Perhaps I should add another test and get some accurate timings for the transaction by market model.

eyeonus · Jul 25, 2018

MarkAusten said:
On his server that is fine but for individual installations that would be a pain. I would seriously hacked off if every time the database threw an error I had to rebuild the entire database. As I said, it's a trade off. By making each market update a single transaction you are spreading the additional processing required for the transaction to be committed and a new one opened over many markets. It is quite annoying to have to wait for 2+ minutes for the listener update over a single transaction to commit especially since you get no feedback that anything is happening. The system just stops until the transaction is committed. One the other hand, the additional time that committing each market takes spread over all the markets with visual feedback make the longer time seem shorter. The point being that with visual feedback the longer time that transaction by market is likely to be over the single transaction model it doesn't seem so long. Or not to me at least.

It also needs to be borne in mind that we are not looking for super-speed all the time, just fast enough to prevent the non-updates from happening. The consensus at the moment seems to be that transaction by market give the best solution taking all things into account, not just speed.

Perhaps I should add another test and get some accurate timings for the transaction by market model.

Don't bother. It's already implemented on the listener.

Tromador · Jul 25, 2018

MarkAusten said:
It is quite annoying to have to wait for 2+ minutes for the listener update over a single transaction to commit especially since you get no feedback that anything is happening.

What exactly takes 2 minutes when running the listener?

It sounds like you mean a single market update. If so, be aware that this takes less than a second, often only 100ths of a second for my server, or 3 different PCs we have feedback from.

Along with taking 40 odd minutes to process listings.csv when the rest of us do it in 5.

Only so much can be done programmatically if you simply have a slow machine.

MarkAusten · Jul 25, 2018

Tromador said:
What exactly takes 2 minutes when running the listener?

It sounds like you mean a single market update. If so, be aware that this takes less than a second, often only 100ths of a second for my server, or 3 different PCs we have feedback from.

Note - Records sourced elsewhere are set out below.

-- ===== src/Wallet/Moves.antt =====
-- core/wallet/token.go: what the methods may do to the token table: single rows change their status,
-- one after the other, and nothing else changes.
use rubixgoplatform.Prelude.{
  ℕ, ◌≡◌, refl, Option, some, none, ◌==◌, if◌then◌else◌, inl, inr, sym, ◌∙◌, ap, if-inv, subst,
  some_eq, ==_iff,
}
use rubixgoplatform.Storage.Rows.{Table}
use rubixgoplatform.Storage.Effects.{Result, ok, err, Exec, after}
use rubixgoplatform.Storage.Laws.{Writes}
use rubixgoplatform.Wallet.Token.{Token, key, with_status}

-- Which status a row may be given.
abbrev pub Policy : Type 1
Policy = Token → ℕ → Type 0

-- The rows of one key before and after: both absent, or the same but for the status.
abbrev pub Frozen : Option Token → Option Token → Type 0
Frozen none o = o ≡ none
Frozen (some r) o = (s : ℕ) × (o ≡ some (with_status s r))

Frozen-refl : (o : Option Token) → Frozen o o
Frozen-refl none = refl
Frozen-refl (some r) = (r.token_status, refl)

Frozen-status :
    (a o : Option Token) (r : Token) (s : ℕ)
    → o ≡ some r
    → Frozen a o
    → Frozen a (some (with_status s r))
Frozen-status none o r s at f = cc
Frozen-status (some x) o r s at (s', e) =
    (s, ap (λ y. some (with_status s y)) (some_eq (sym at ∙ e)))

Frozen-write :
    (a o b : Option Token) (r : Token) (s k : ℕ)
    → b ≡ (if k == key r then some (with_status s r) else o)
    → (k ≡ key r → o ≡ some r)
    → Frozen a o
    → Frozen a b
Frozen-write a o b r s k e at f = elim (if-inv (k == key r) (sym e)) [
  | inl (hit, e') ↦ subst (Frozen a) e' (Frozen-status a o r s (at ((==_iff k (key r)).0 hit)) f)
  | inr (miss, e') ↦ subst (Frozen a) e' f
]

module _ (g : Table Token key) (P : Policy) where
  pub data Moves (d : g.Db) : g.Db → Type 0 where
    stay : Moves d d
    move :
        {d' d'' : g.Db} (r : Token) (s : ℕ)
        → Moves d d'
        → g.row d' (key r) ≡ some r
        → P r s
        → Writes g d' d'' (with_status s r)
        → Moves d d''

  pub Moves-trans : {d d' d'' : g.Db} → Moves d d' → Moves d' d'' → Moves d d''
  Moves-trans m stay = m
  Moves-trans m (move r s n at p w) = move r s (Moves-trans m n) at p w

  -- However many statuses change, no token appears or vanishes, and none changes its owner, its
  -- value, its parent, its state hash or its transaction.
  pub Moves-Frozen : {d d' : g.Db} → Moves d d' → (k : ℕ) → Frozen (g.row d k) (g.row d' k)
  Moves-Frozen {d} stay k = Frozen-refl (g.row d k)
  Moves-Frozen {d} (move {d' = d1} {d'' = d2} r s m at p w) k =
      Frozen-write (g.row d k) (g.row d1 k) (g.row d2 k) r s k (w k) (λ e. ap (g.row d1) e ∙ at)
        (Moves-Frozen m k)

  -- A row that the policy gives no other status is left alone.
  pub Moves-untouched :
      {d d' : g.Db} (k : ℕ) (r : Token)
      → ((s : ℕ) → ¬ P r s)
      → Moves d d'
      → g.row d k ≡ some r
      → g.row d' k ≡ some r
  Moves-untouched k r never stay at = at
  Moves-untouched k r never (move {d' = d1} {d'' = d2} u s m au p w) at =
      let before = Moves-untouched k r never m at in
      elim (if-inv (k == key u) (sym (w k))) [
        | inl (hit, e) ↦
            let same = some_eq (sym au ∙ ap (g.row d1) (sym ((==_iff k (key u)).0 hit)) ∙ before) in
            absurd (never s (subst (λ t. P t s) same p))
        | inr (miss, e) ↦ sym e ∙ before
      ]

module _ (g : Table Token key) (P Q : Policy) (weaker : (r : Token) (s : ℕ) → P r s → Q r s) where
  pub Moves-mono : {d d' : g.Db} → Moves g P d d' → Moves g Q d d'
  Moves-mono stay = stay
  Moves-mono (move r s m at p w) = move r s (Moves-mono m) at (weaker r s p) w

-- The moves of a chain of steps.
module _ (g : Table Token key) (P : Policy) {A B : Type 0} where
  pub Moves-after :
      {d : g.Db} (z : Result A × g.Db) (f : A → Exec g.Db B)
      → Moves g P d z.1
      → ((a : A) (d' : g.Db) → Moves g P d' (f a d').1)
      → Moves g P d (after z f).1
  Moves-after (ok a, d') f m n = Moves-trans g P m (n a d')
  Moves-after (err e, d') f m n = m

Along with taking 40 odd minutes to process listings.csv when the rest of us do it in 5.

Only so much can be done programmatically if you simply have a slow machine.

Sorry, I wasn't being clear again. If you import the listings file in a single transaction, the commit can take nearly 3 minutes to complete during which time the system appears to freeze in that nothing appears to happen during that time.

As for a slow machine, I didn't think I had one. I have a i5-4690 running at 3.5GHz with 16GB RAM

Still, I have updated my games PC with the latest code and the import is as follows:

Code:

NOTE: Downloading file 'listings.csv'.
NOTE: Requesting http://elite.ripz.org/files/listings.csv
NOTE: Downloaded 151.8MB of gziped data  11.5MB/s
NOTE: Processing market data from listings.csv: Start time = 2018-07-25 09:59:50.560386
NOTE: Finished processing market data. End time = 2018-07-25 10:10:50.699030

So it now takes 11 minutes on my PC instead of the 40 or so previously, a factor of around 4 increase in performance with your recent code improvements. A significant improvement, many thanks.